EXERCISE REQUIREMENTS> Scan the data for lines with "done" and report the count by itself.

EXERCISE MATERIAL>
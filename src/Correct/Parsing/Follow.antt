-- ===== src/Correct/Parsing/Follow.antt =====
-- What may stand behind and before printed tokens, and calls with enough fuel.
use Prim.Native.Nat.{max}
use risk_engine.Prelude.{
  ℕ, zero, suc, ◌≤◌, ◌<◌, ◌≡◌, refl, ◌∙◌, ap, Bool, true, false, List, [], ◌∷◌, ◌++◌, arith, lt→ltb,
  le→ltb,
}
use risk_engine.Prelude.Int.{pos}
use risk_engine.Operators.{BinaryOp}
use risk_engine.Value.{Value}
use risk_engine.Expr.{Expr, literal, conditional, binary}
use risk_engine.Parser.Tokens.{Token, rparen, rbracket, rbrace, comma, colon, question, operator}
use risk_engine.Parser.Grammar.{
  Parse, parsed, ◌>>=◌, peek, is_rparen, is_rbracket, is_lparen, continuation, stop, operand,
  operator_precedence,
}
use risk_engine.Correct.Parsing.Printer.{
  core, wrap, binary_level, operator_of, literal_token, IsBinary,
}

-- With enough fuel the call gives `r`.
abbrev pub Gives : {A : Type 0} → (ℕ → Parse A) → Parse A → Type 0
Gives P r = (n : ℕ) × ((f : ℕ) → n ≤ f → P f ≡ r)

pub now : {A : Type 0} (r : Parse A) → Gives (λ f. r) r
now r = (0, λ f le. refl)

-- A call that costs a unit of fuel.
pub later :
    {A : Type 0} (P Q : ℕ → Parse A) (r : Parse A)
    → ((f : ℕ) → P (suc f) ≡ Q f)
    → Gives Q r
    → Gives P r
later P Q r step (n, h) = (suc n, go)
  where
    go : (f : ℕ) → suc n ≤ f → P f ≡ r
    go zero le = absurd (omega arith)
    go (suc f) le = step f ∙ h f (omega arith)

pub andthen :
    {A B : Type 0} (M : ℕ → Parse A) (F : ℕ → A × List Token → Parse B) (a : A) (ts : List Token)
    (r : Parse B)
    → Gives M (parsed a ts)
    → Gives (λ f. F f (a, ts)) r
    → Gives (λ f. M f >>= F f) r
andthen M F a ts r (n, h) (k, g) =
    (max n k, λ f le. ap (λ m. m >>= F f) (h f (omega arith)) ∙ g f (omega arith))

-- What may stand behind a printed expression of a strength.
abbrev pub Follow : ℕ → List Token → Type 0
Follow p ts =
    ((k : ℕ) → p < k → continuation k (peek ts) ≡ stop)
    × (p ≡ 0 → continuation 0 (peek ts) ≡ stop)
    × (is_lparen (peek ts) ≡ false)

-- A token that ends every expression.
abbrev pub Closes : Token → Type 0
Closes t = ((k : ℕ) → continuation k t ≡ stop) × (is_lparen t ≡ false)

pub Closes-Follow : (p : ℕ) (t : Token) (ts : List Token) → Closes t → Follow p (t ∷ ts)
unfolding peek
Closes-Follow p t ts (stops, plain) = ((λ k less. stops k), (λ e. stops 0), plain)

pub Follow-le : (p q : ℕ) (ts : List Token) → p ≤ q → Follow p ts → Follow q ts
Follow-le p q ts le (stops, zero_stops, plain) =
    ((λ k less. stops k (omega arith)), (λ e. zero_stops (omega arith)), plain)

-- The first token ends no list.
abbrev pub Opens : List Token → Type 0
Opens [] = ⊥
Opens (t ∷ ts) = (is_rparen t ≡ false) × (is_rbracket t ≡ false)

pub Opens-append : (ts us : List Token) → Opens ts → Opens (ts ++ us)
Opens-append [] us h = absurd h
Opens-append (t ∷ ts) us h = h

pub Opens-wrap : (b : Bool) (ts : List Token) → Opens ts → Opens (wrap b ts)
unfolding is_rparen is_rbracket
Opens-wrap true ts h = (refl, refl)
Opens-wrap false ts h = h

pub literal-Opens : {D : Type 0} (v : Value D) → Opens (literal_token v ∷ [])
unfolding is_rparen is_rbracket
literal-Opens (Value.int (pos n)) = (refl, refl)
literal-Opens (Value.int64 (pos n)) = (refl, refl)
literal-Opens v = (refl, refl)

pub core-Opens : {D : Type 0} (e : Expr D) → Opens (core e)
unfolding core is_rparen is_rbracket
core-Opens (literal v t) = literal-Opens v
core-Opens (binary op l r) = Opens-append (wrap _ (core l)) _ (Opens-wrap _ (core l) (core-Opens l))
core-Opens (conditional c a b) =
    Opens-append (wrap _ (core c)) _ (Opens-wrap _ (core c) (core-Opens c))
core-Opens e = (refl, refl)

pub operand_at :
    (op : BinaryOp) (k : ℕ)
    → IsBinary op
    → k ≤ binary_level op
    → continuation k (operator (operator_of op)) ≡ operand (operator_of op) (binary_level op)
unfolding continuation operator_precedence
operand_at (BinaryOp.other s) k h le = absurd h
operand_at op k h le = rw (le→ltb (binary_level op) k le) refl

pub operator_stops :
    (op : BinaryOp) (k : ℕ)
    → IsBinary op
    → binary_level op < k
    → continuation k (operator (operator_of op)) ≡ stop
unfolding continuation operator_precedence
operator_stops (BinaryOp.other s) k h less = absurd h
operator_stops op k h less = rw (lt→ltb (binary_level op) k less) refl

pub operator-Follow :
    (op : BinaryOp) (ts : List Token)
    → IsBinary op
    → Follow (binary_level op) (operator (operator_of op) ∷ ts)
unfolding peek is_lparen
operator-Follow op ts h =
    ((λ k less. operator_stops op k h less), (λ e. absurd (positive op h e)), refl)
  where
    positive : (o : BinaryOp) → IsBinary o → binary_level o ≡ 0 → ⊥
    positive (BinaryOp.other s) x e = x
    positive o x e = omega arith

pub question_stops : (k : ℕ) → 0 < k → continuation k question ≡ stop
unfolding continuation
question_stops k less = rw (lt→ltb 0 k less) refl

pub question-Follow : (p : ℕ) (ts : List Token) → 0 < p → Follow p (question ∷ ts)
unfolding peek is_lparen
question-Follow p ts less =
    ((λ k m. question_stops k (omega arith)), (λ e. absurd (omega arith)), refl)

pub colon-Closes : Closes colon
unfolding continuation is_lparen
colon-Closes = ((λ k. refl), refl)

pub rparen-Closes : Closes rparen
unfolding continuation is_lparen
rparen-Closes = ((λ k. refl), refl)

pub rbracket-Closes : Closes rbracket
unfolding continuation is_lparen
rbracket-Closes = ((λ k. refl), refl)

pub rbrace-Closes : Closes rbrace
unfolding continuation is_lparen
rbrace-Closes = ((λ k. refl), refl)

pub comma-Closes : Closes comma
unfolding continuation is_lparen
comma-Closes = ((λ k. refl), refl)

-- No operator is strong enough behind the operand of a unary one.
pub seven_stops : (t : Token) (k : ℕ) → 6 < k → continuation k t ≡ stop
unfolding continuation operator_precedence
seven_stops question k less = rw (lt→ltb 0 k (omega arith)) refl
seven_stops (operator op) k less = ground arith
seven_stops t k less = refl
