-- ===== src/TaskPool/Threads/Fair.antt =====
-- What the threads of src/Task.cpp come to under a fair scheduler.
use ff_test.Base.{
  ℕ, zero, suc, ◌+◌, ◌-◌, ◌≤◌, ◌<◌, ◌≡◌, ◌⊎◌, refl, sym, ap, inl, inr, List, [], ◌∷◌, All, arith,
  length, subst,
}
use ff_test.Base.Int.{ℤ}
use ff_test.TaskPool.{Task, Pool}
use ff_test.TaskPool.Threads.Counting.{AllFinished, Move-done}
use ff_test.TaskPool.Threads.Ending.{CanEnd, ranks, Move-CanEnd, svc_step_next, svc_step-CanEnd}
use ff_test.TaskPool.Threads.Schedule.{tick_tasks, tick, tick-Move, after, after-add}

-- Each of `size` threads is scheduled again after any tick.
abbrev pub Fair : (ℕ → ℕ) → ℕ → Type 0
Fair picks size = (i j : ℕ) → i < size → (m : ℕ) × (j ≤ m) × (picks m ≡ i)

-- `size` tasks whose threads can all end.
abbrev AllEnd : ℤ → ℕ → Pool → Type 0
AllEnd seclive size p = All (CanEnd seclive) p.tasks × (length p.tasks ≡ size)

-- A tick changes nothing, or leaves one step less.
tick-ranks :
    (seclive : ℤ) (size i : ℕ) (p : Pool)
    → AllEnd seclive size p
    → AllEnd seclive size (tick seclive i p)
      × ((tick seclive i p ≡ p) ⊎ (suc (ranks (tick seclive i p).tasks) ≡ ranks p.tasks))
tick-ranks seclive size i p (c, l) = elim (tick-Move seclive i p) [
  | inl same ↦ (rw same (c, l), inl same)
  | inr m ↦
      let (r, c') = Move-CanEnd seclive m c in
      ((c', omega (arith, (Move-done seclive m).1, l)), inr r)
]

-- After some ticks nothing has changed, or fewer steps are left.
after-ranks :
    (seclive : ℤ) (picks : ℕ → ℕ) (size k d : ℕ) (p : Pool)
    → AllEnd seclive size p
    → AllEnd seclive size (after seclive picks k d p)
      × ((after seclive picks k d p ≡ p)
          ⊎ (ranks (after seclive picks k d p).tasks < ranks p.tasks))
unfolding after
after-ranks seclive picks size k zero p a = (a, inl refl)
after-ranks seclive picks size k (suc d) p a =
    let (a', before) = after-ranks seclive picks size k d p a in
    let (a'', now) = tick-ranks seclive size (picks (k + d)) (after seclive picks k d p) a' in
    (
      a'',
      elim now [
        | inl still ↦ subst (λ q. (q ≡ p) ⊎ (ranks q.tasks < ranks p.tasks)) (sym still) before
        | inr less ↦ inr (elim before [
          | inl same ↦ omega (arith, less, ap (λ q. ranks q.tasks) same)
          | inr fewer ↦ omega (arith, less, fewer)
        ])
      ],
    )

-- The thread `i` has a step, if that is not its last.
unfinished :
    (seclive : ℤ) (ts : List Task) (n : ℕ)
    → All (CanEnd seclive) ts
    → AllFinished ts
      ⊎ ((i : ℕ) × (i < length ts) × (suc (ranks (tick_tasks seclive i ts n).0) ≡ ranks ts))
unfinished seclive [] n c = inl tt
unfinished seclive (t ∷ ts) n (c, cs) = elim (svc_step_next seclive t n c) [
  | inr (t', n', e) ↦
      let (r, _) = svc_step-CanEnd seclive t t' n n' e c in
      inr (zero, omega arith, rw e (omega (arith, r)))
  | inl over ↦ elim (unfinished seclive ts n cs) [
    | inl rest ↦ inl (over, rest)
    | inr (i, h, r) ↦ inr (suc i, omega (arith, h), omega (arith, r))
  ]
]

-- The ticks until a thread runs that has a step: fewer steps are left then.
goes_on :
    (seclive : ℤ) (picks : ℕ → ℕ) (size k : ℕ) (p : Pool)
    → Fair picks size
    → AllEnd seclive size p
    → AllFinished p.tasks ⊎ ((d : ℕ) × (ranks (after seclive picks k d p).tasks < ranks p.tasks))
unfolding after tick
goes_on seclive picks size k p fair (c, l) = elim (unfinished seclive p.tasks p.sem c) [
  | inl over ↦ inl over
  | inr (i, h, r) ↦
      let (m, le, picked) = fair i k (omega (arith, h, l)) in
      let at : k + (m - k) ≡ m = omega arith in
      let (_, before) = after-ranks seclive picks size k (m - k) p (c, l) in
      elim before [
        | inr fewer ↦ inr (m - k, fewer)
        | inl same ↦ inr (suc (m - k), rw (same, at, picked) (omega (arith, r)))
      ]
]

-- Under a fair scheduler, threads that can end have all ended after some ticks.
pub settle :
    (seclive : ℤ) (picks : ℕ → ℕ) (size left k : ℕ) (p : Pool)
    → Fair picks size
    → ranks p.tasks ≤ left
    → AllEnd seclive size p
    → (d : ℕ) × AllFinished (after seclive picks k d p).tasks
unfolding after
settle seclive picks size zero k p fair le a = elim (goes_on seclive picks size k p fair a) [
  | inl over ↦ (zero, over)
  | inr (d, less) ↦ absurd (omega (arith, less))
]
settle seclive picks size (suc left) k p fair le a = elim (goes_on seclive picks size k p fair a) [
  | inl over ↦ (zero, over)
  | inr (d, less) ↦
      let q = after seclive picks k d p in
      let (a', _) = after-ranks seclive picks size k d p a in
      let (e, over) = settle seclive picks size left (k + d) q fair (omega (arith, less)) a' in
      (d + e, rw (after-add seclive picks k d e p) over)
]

TASK SOLUTION> 2